In mid-December 2008 I wrote a bit of a "road-map" containing some of my thoughts about development work that could usefully be on on the MD/RAID driver in the Linux kernel. Some of it might get done. Some of it might not. It is not a promise at all, more of a discussion starter in case people want to encourage features or suggest different features.
But I really should put this stuff in my blog so, 6 weeks later, here it is.
Bad block listThe idea here is to maintain and store on each device a list of blocks that are known to be 'bad'. This effectively allows us to fail a single block rather than a whole device when we get a media write error. Of course if updating the bad-block-list gives an error we then have to fail the device.
We would also record a bad block if we get a read error on a degraded array. This would e.g. allow recovery for a degraded raid1 where the sole remaining device has a bad block.
An array could have multiple errors on different devices and just those stripes would be considered to be "degraded". As long a no single stripe had too many bad blocks, the data would still be safe. Naturally as soon as you get one bad block, the array becomes susceptible to data loss on a single device failure, so it wouldn't be advisable to run with non-empty badblock lists for an extended length of time, However it might provide breathing space until drive replacement can be achieved.
hot-device-replaceThis is probably the most asked for feature of late. It would allow a device to be 'recovered' while the original was still in service. So instead of failing out a device and adding a spare, you can add the spare, build the data onto it, then fail out the device.
This meshes well with the bad block list. When we find a bad block, we start a hot-replace onto a spare (if one exists). If sleeping bad blocks are discovered during the hot-replace process, we don't lose the data unless we find two bad blocks in the same stripe. And then we just lose data in that stripe.
Recording in the metadata that a hot-replace was happening might be a little tricky, so it could be that if you reboot in the middle, you would have to restart from the beginning. Similarly there would be no 'intent' bitmap involved for this resync.
Each personality would have to implement much of this independently, effectively providing a mini raid1 implementation. It would be very minimal without e.g. read balancing or write-behind etc.
There would be no point implementing this in raid1. Just raid456 and raid10. It could conceivably make sense for raid0 and linear, but that is very unlikely to be implemented.
split-mirrorThis is really a function of mdadm rather than md.

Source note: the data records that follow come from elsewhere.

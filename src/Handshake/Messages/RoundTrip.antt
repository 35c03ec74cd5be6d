-- ===== src/Handshake/Messages/RoundTrip.antt =====
-- What `seal_handshake` wrote, `open_handshake` opens, under one type and one number only.
use reka_serdoba.Common.{
  ℕ, ◌+◌, ◌-◌, ◌^◌, ◌%◌, ◌≤◌, ◌<◌, ◌≡◌, ◌∙◌, sym, ap, refl, inl, inr, not, ◌||◌, List, ◌++◌,
  append_assoc, length, length-append, get_or, take, drop, take-append, drop-append, slice, ltb,
  ◌==◌, ==_iff, true, false, Bool-cases, some, Option-cases, Result, ok, arith,
}
use reka_serdoba.Common.Words.{to_be, from_be, length-to_be, from_be-to_be}
use reka_serdoba.Errors.{Error}
use reka_serdoba.Crypto.{Crypto, AeadLaws}
use reka_serdoba.Record.Keys.{nonce}
use reka_serdoba.Carrier.{max_encrypted_handshake}
use reka_serdoba.Handshake.Messages.{packet_nonce, handshake_header, seal_handshake, open_handshake}

-- The parts of a sealed message.
record IsSealed (c : Crypto) (key iv : List ℕ) (message_type sequence : ℕ)
    (transcript plaintext encoded : List ℕ) : Type 0 where
  pub ciphertext : List ℕ
  pub small : length plaintext ≤ 4096
  pub iv_len : length iv ≡ 12
  pub encrypted :
      c.aead_encrypt key
        (nonce iv sequence)
        (handshake_header message_type sequence (length plaintext + 16) ++ transcript)
        plaintext
      ≡ some ciphertext
  pub layout :
      encoded ≡ handshake_header message_type sequence (length plaintext + 16) ++ ciphertext

bytes_of : {a b : List ℕ} → Path (Result Error (List ℕ)) (ok a) (ok b) → a ≡ b
bytes_of p = cc p

module _ (c : Crypto) (key iv : List ℕ) (message_type sequence : ℕ) (transcript : List ℕ) where
  seal_handshake-IsSealed :
      (plaintext encoded : List ℕ)
      → seal_handshake c key iv message_type sequence transcript plaintext ≡ ok encoded
      → IsSealed c key iv message_type sequence transcript plaintext encoded
  unfolding seal_handshake packet_nonce
  seal_handshake-IsSealed plaintext encoded e = elim (Bool-cases (ltb 4096 (length plaintext))) [
    | inl p ↦ absurd (cc (rw (p, seal_handshake) at e))
    | inr p ↦ elim (Bool-cases (length iv == 12)) [
      | inr q ↦ absurd (cc (rw (p, seal_handshake, packet_nonce, q) at e))
      | inl q ↦
          elim (Option-cases (
            c.aead_encrypt key (nonce iv sequence)
              (handshake_header message_type sequence (length plaintext + 16) ++ transcript)
              plaintext)) [
                | inl f ↦ absurd (cc (rw (p, seal_handshake, packet_nonce, q, f) at e))
                | inr (ciphertext, f) ↦ record {
                  ciphertext = ciphertext;
                  small = ground (arith, p);
                  iv_len = (==_iff (length iv) 12).0 q;
                  encrypted = f;
                  layout = sym (bytes_of (rw (p, seal_handshake, packet_nonce, q, f) at e));
                }
              ]
    ]
  ]

  -- The header that `open_handshake` has checked.
  open_handshake_header :
      (plaintext encoded : List ℕ)
      → open_handshake c key iv message_type sequence transcript encoded ≡ ok plaintext
      → (get_or encoded 0 0 ≡ message_type) × (from_be (slice 2 6 encoded) ≡ sequence)
  unfolding open_handshake
  open_handshake_header plaintext encoded e =
      elim (Bool-cases (
        ltb (length encoded) 24
        || not (get_or encoded 0 0 == message_type)
        || not (get_or encoded 1 0 == 0)
        || not (from_be (slice 2 6 encoded) == sequence))) [
          | inl p ↦ absurd (cc (rw (p, open_handshake) at e))
          | inr p ↦ (ground (arith, p), ground (arith, p))
        ]

length-handshake_header :
    (message_type sequence n : ℕ) → length (handshake_header message_type sequence n) ≡ 8
unfolding handshake_header
length-handshake_header message_type sequence n = omega (
  arith,
  length-append {0} (to_be 4 sequence) (to_be 2 (n % 2 ^ 16)),
  length-to_be 4 sequence,
  length-to_be 2 (n % 2 ^ 16),
)

-- The fields of a header, before any bytes.
header_fields :
    (message_type sequence n : ℕ) (ys : List ℕ)
    → sequence < 256 ^ 4
    → let xs = handshake_header message_type sequence n ++ ys in
      (get_or xs 0 0 ≡ message_type)
      × (get_or xs 1 0 ≡ 0)
      × (from_be (slice 2 6 xs) ≡ sequence)
      × (from_be (slice 6 8 xs) ≡ n % 2 ^ 16)
      × (take 8 xs ≡ handshake_header message_type sequence n)
      × (drop 8 xs ≡ ys)
unfolding handshake_header slice
header_fields message_type sequence n ys lt =
    let a : List ℕ = to_be 4 sequence in
    let b : List ℕ = to_be 2 (n % 2 ^ 16) in
    let four : length a ≡ 4 = length-to_be 4 sequence in
    let two : length b ≡ 2 = length-to_be 2 (n % 2 ^ 16) in
    (
      refl,
      refl,
      ap (λ (l : List ℕ). from_be (take 4 l)) (append_assoc a b ys)
          ∙ ap from_be (take-append 4 a (b ++ ys) four)
          ∙ from_be-to_be 4 sequence lt,
      ap (λ (l : List ℕ). from_be (take 2 (drop 4 l))) (append_assoc a b ys)
          ∙ ap (λ (l : List ℕ). from_be (take 2 l)) (drop-append 4 a (b ++ ys) four)
          ∙ ap from_be (take-append 2 b ys two)
          ∙ from_be-to_be 2 (n % 2 ^ 16) (omega arith),
      take-append 8 (handshake_header message_type sequence n) ys
          (length-handshake_header message_type sequence n),
      drop-append 8 (handshake_header message_type sequence n) ys
          (length-handshake_header message_type sequence n),
    )

module _ (c : Crypto) (laws : AeadLaws c) (key iv : List ℕ) (message_type sequence : ℕ)
    (transcript : List ℕ) where
  sealed_opens :
      (plaintext encoded : List ℕ)
      → sequence < 256 ^ 4
      → IsSealed c key iv message_type sequence transcript plaintext encoded
      → open_handshake c key iv message_type sequence transcript encoded ≡ ok plaintext
  unfolding open_handshake packet_nonce
  sealed_opens plaintext encoded lt s =
      let n : ℕ = length plaintext + 16 in
      let head : List ℕ = handshake_header message_type sequence n in
      let fields = header_fields message_type sequence n s.ciphertext lt in
      let size : length s.ciphertext ≡ n =
        laws.encrypt_len key _ _ plaintext s.ciphertext s.encrypted in
      let total : length (head ++ s.ciphertext) ≡ 8 + n = omega (
        arith,
        length-append {0} head s.ciphertext,
        length-handshake_header message_type sequence n,
        size,
      ) in
      let long : ltb (length (head ++ s.ciphertext)) 24 ≡ false = ground (arith, total) in
      let is_type : (message_type == message_type) ≡ true = ground arith in
      let is_sequence : (sequence == sequence) ≡ true = ground arith in
      let cast : n % 2 ^ 16 ≡ n = omega (arith, s.small) in
      let in_limit : ltb max_encrypted_handshake n ≡ false = ground (arith, s.small) in
      let is_size : (n == length (head ++ s.ciphertext) - 8) ≡ true = ground (arith, total) in
      let twelve : (length iv == 12) ≡ true = (==_iff (length iv) 12).1 s.iv_len in
      let decrypted =
        laws.decrypt_encrypt key (nonce iv sequence) (head ++ transcript) plaintext s.ciphertext
          s.encrypted in
      ap (open_handshake c key iv message_type sequence transcript) s.layout
      ∙ rw
          (
            long, fields.0, fields.1, fields.2, fields.3, is_type, is_sequence, cast, in_limit,
            is_size, twelve, fields.4, fields.5, decrypted,
          )
          refl

  -- A handshake message that was sealed opens under the same key, type, number and transcript to its
  -- plaintext, and under no other type or number.
  pub seal_handshake-open :
      (plaintext encoded : List ℕ)
      → sequence < 256 ^ 4
      → seal_handshake c key iv message_type sequence transcript plaintext ≡ ok encoded
      → (open_handshake c key iv message_type sequence transcript encoded ≡ ok plaintext)
        × ((key' iv' : List ℕ) (type' sequence' : ℕ) (transcript' other : List ℕ)
            → open_handshake c key' iv' type' sequence' transcript' encoded ≡ ok other
            → (type' ≡ message_type) × (sequence' ≡ sequence))
  seal_handshake-open plaintext encoded lt e =
      let s =
        seal_handshake-IsSealed c key iv message_type sequence transcript plaintext encoded e in
      let fields = header_fields message_type sequence (length plaintext + 16) s.ciphertext lt in
      (
        sealed_opens plaintext encoded lt s,
        λ key' iv' type' sequence' transcript' other o.
            let found =
              open_handshake_header c key' iv' type' sequence' transcript' other encoded o in
            (
              sym found.0 ∙ ap (λ (l : List ℕ). get_or l 0 0) s.layout ∙ fields.0,
              sym found.1 ∙ ap (λ (l : List ℕ). from_be (slice 2 6 l)) s.layout ∙ fields.2,
            ),
      )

It is already quite possible to break a mirror into two separate single-device arrays. However it is a sufficiently common operation that it is probably making it very easy to do with mdadm. I'm thinking something like
raid5->raid6 conversion.This is also a fairly commonly asked for feature. The first step would be to define a raid6 layout where the Q block was not rotated around the devices but was always on the last device. Then we could change a raid5 to a singly-degraded raid6 without moving any data.
The next step would be to implement in-place restriping. This involves
- freezing a section of the array (all IO blocks)

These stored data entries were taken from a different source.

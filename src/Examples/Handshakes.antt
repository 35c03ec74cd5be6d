-- ===== src/Examples/Handshakes.antt =====
-- A handshake from end to end, and the session that it makes.
use reka_serdoba.Common.{
  ℕ, ◌⊎◌, ◌^◌, ◌<◌, ◌≡◌, ◌↔◌, refl, List, [], ◌∷◌, ◌++◌, replicate, slice, bytes_eq, ok, arith,
}
use reka_serdoba.Clocks.{IsNear, IsOpposite}
use reka_serdoba.Common.Steps.{continue}
use reka_serdoba.Common.Words.{to_be, from_be}
use reka_serdoba.Examples.Toy.{toy, toy_laws, octets}
use reka_serdoba.Rekey.Auth as Digests
use reka_serdoba.Handshake.Cursor
use reka_serdoba.Handshake.Hello
use reka_serdoba.Handshake.Hello.{ClientHello, parse_client_hello, clock_differs}
use reka_serdoba.Handshake.Hello.Layout.{hello_bytes, IsHello}
use reka_serdoba.Handshake.Hello.Accepted.{parse_client_hello_iff}
use reka_serdoba.Handshake.Auth
use reka_serdoba.Handshake.Auth.{Client, verify_client_auth}
use reka_serdoba.Handshake.Auth.Verified.{IsAuthentic, verify_client_auth_ok}
use reka_serdoba.Handshake.Messages
use reka_serdoba.Handshake.Messages.{seal_handshake, open_handshake}
use reka_serdoba.Handshake.Messages.RoundTrip.{seal_handshake-open}

abbrev pub the_client : Client
the_client = record {
  id = replicate 16 1;
  gate_key = [];
  public_key = [];
  tunnel_ipv4 = 10 ∷ 0 ∷ 0 ∷ 2 ∷ [];
  session_lifetime_seconds = 3600;
  bandwidth_bytes_per_second = 1024;
  session_quota_bytes = 0;
}

abbrev pub hello : ClientHello
hello = record {
  handshake_id = replicate 16 8;
  client_id = replicate 16 1;
  client_ephemeral = replicate 32 9;
  client_nonce = replicate 32 3;
}

-- The hello, byte by byte, at the second 1000.
abbrev pub hello_message : List ℕ
hello_message =
    1
    ∷ 0
    ∷ 0
    ∷ 0
    ∷ 112
    ∷ 0
    ∷ 1
    ∷ 0
    ∷ 1
    ∷ (replicate 16 8
        ++ (replicate 16 1
            ++ (replicate 32 9
                ++ (replicate 32 3 ++ (0 ∷ 0 ∷ 0 ∷ 0 ∷ 0 ∷ 0 ∷ 3 ∷ 232 ∷ 0 ∷ 0 ∷ 0 ∷ 0 ∷ [])))))

parsed : parse_client_hello 1100 hello_message ≡ ok hello
unfolding parse_client_hello Hello.parse_body Hello.parse_tail Cursor.new Cursor.word Cursor.fixed
    Cursor.skip Cursor.finish Cursor.take_bytes clock_differs slice from_be continue
parsed = refl

parse_client_hello_iff_example : (parse_client_hello 1100 hello_message ≡ ok hello) ↔ (
    (time : ℕ) × (hello_message ≡ hello_bytes hello time)
    × IsHello hello
    × (IsNear 300 1100 time ⊎ IsOpposite 1100 time)
    × (time < 256 ^ 8))
parse_client_hello_iff_example =
    parse_client_hello_iff 1100 hello_message hello (omega arith) (omega arith) (omega arith)

seal_handshake-open_example :
    (open_handshake toy []
        (replicate 12 0)
        0x05
        0
        []
        (5 ∷ 0 ∷ 0 ∷ 0 ∷ 0 ∷ 0 ∷ 0 ∷ 17 ∷ 33 ∷ replicate 16 0)
      ≡ ok (33 ∷ []))
    × ((key' iv' : List ℕ) (type' sequence' : ℕ) (transcript' other : List ℕ)
        → open_handshake toy key' iv' type' sequence' transcript'
            (5 ∷ 0 ∷ 0 ∷ 0 ∷ 0 ∷ 0 ∷ 0 ∷ 17 ∷ 33 ∷ replicate 16 0)
          ≡ ok other
        → (type' ≡ 0x05) × (sequence' ≡ 0))
seal_handshake-open_example =
    seal_handshake-open toy toy_laws [] (replicate 12 0) 0x05 0 [] (33 ∷ [])
      (5 ∷ 0 ∷ 0 ∷ 0 ∷ 0 ∷ 0 ∷ 0 ∷ 17 ∷ 33 ∷ replicate 16 0) (omega arith) sealed
  where
    sealed :
        seal_handshake toy [] (replicate 12 0) 0x05 0 [] (33 ∷ [])
        ≡ ok (5 ∷ 0 ∷ 0 ∷ 0 ∷ 0 ∷ 0 ∷ 0 ∷ 17 ∷ 33 ∷ replicate 16 0)
    sealed = unfold seal_handshake Messages.packet_nonce Messages.handshake_header to_be in refl

-- The client's proof: features, a packet size of 1280 and no extensions.
abbrev pub auth_message : List ℕ
auth_message =
    replicate 16 1
    ++ (replicate 16 6 ++ (0 ∷ 0 ∷ 0 ∷ 0 ∷ 5 ∷ 0 ∷ 0 ∷ 0 ∷ (replicate 64 7 ++ replicate 32 4)))

verify_client_auth_ok_example : IsAuthentic octets auth_message the_client [] [] [] []
verify_client_auth_ok_example =
    verify_client_auth_ok octets auth_message the_client [] [] [] [] (omega arith) (omega arith)
      verified
  where
    verified : verify_client_auth octets auth_message the_client [] [] [] [] ≡ ok tt
    verified =
        unfold verify_client_auth Auth.parse_auth Auth.check_auth Cursor.new Cursor.word
          Cursor.fixed Cursor.skip Cursor.finish Cursor.take_bytes Messages.key_id slice from_be
          continue bytes_eq Digests.hmac_bytes Digests.hash_parts in
        refl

- copying the data out to a safe backup
- copying it back in with the new layout
- updating the metadata to indicate that the restripe has progressed.

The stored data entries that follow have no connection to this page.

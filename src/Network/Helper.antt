-- ===== src/Network/Helper.antt =====
-- The helper that has the TUN device (rekaserdoba/src/bin/net_helper.rs), a turn of its loop at a
-- time. What the device and the socket answer is part of a turn.
use reka_serdoba.Common.{
  ℕ, ◌/◌, Bool, true, false, not, ◌&&◌, ◌||◌, bit_and, Option, none, some, List, [], ◌∷◌, ◌++◌,
  length, get_or, slice, ltb, ◌==◌, bytes_eq, if◌then◌else◌, Result, ok, err, bail_if,
}
use reka_serdoba.Common.Words.{from_be}
use reka_serdoba.Errors.{
  Error, invalid_network_helper_configuration, read_helper_tun, partial_packet_send_to_edge,
  send_packet_to_edge, receive_packet_from_edge, partial_registration_acknowledgement,
  send_registration_acknowledgement, write_helper_tun, partial_helper_tun_write,
}
use reka_serdoba.Record.Keys.{codes}
use reka_serdoba.Packets.{header_len}
use reka_serdoba.Network.{prefix_mask}

-- The arguments of the program that its loop reads.
pub record HelperSettings : Type 0 where
  pub address : ℕ
  pub prefix : ℕ
  pub mtu : ℕ

-- The check of the arguments, `prefix` and `mtu` being of 8 and 16 bits.
unfoldable pub check_arguments : List ℕ → HelperSettings → Result Error (Unit {0})
check_arguments name h =
    bail_if
      (length name == 0
        || (ltb 15 (length name) || (ltb 32 h.prefix || (ltb h.mtu 576 || ltb 9000 h.mtu))))
      invalid_network_helper_configuration

unfoldable pub network_of : HelperSettings → ℕ
network_of h = bit_and h.address (prefix_mask h.prefix)

-- `valid_ipv4`
unfoldable pub valid_ipv4 : HelperSettings → List ℕ → Bool
valid_ipv4 h packet =
    not (ltb (length packet) 20 || (ltb h.mtu (length packet) || not (get_or packet 0 0 / 16 == 4)))
    && (not (
          ltb (header_len packet) 20
          || (ltb (length packet) (header_len packet)
              || not (from_be (slice 2 4 packet) == length packet)))
        && (bit_and (from_be (slice 12 16 packet)) (prefix_mask h.prefix) == network_of h))

-- What the loop keeps, with what it has sent to the edge and written to the device, oldest first.
pub record Helper : Type 0 where
  pub edge_registered : Bool
  pub to_edge : List (List ℕ)
  pub to_device : List (List ℕ)

abbrev pub idle : Helper
idle = record { edge_registered = false; to_edge = []; to_device = [] }

-- How a send ends; `edge_unavailable` are the errors for a socket that is not there or refuses.
pub data Sent : Type 0 where
  written : ℕ → Sent
  edge_unavailable failed : Sent

-- A turn: a packet off the device with how it can be sent on, or a message of the edge's socket, from
-- its path or another one, with how an acknowledgement and a write end.
pub data Event : Type 0 where
  from_device : (packet : Option (List ℕ)) (sending : Sent) → Event
  from_edge :
      (is_client_path : Bool) (packet : Option (List ℕ)) (acknowledging : Sent) (writing : Option ℕ)
      → Event

abbrev pub Outcome : Type 0
Outcome = Helper × Result Error (Unit {0})

abbrev pub log_edge : List ℕ → Helper → Helper
log_edge packet h = record h { to_edge = h.to_edge ++ (packet ∷ []) }

abbrev pub send_on : List ℕ → Sent → Helper → Outcome
send_on packet (written n) h =
    if n == length packet then (log_edge packet h, ok tt) else (h, err partial_packet_send_to_edge)
send_on packet edge_unavailable h = (record h { edge_registered = false }, ok tt)
send_on packet failed h = (h, err send_packet_to_edge)

abbrev pub acknowledge : Sent → Helper → Outcome
acknowledge (written n) h =
    if n == 4
    then (record h { edge_registered = true }, ok tt)
    else (record h { edge_registered = true }, err partial_registration_acknowledgement)
acknowledge edge_unavailable h = (record h { edge_registered = false }, ok tt)
acknowledge failed h = (record h { edge_registered = true }, err send_registration_acknowledgement)

abbrev pub write_device : List ℕ → Option ℕ → Helper → Outcome
write_device packet none h = (h, err write_helper_tun)
write_device packet (some n) h =
    if n == length packet
    then (record h { to_device = h.to_device ++ (packet ∷ []) }, ok tt)
    else (h, err partial_helper_tun_write)

abbrev pub is_ok : Result Error (Unit {0}) → Bool
is_ok (ok done) = true
is_ok (err e) = false

module _ (settings : HelperSettings) where
  -- The arm of `select!` for the edge's socket.
  unfoldable pub edge_turn : Bool → List ℕ → Sent → Option ℕ → Helper → Outcome
  edge_turn is_client_path packet acknowledging writing h =
      if not is_client_path
      then (h, ok tt)
      else if bytes_eq packet (codes "RSN1")
      then acknowledge acknowledging h
      else if not h.edge_registered || not (valid_ipv4 settings packet)
      then (h, ok tt)
      else write_device packet writing h

  unfoldable pub turn : Event → Helper → Outcome
  turn (from_device none sending) h = (h, err read_helper_tun)
  turn (from_device (some packet) sending) h =
      if h.edge_registered then send_on packet sending h else (h, ok tt)
  turn (from_edge is_client_path none acknowledging writing) h = (h, err receive_packet_from_edge)
  turn (from_edge is_client_path (some packet) acknowledging writing) h =
      edge_turn is_client_path packet acknowledging writing h

  -- The loop, which an error ends.
  unfoldable pub run : List Event → Helper → Helper
  run [] h = h
  run (event ∷ events) h =
      let x = turn event h in let rest = run events x.0 in if is_ok x.1 then rest else x.0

This would probably be quite slow but it would achieve the desired result.
Once we have in-place restriping we could change chunksize as well.
raid5 reduce number of devices.We can currently restripe a raid5 (or 6) over a larger number of devices but not over a smaller number of devices. That means you cannot undo an increase that you didn't want.
It might be nice to allow this to happen at the same time as increasing --size (if the devices are big enough) to allow the array to be restriped without changing the available space.
cluster raid1Allow a raid1 to be assembled on multiple hosts that share some drives, so a cluster filesystem (e.g. ocfs2) can be run over it. It requires co-ordination to handle failure events and resync/recovery. Most of this would probably be done in userspace.
Support for 'discard' commandsFlash-based devices and home high-end storage devices that provide "thin provisioning" like to know when parts of the device are not needed any more so they can optimise their behaviour. File systems are starting to add the functionality of sending this information to the block device using a "discard" command. It might be useful for md to make use of this.
md would need to keep a data structure (bitmap?) listing sections of the array that have been discarded. Initially this might be the whole array. When there is a write to a discarded section, it would need to be resynced and then the write allowed to complete. A read from a discarded section is probably an error - maybe just return nuls. When md decides it can discard part of the array, it tells the component devices that they can discard some data too. When the filesystem tells md it can discard part of the array, we might have a problem.
If the discard request is smaller than the granularity that md is using, then we would need to ignore it. So this would only really work if there was some guaranteed lower lower bound on granularity that was small enough for md to work with, or the filesystem would need to do aggregating and always send the largest 'discard' that it can. I'm not sure if they will do that, or to what extent.
If md was to maintain a granularity of sectors then a 16TB array (not at all unrealistic these days) would require 32billion bits to map what is in use. That is 4 billion bytes or 4Gigabytes - maybe a bit excessive. If we could rely on the filesystem arounding up to at least 1 megabyte (aligned) then only 4Meg of bitmap would be needed which is a little more realistic.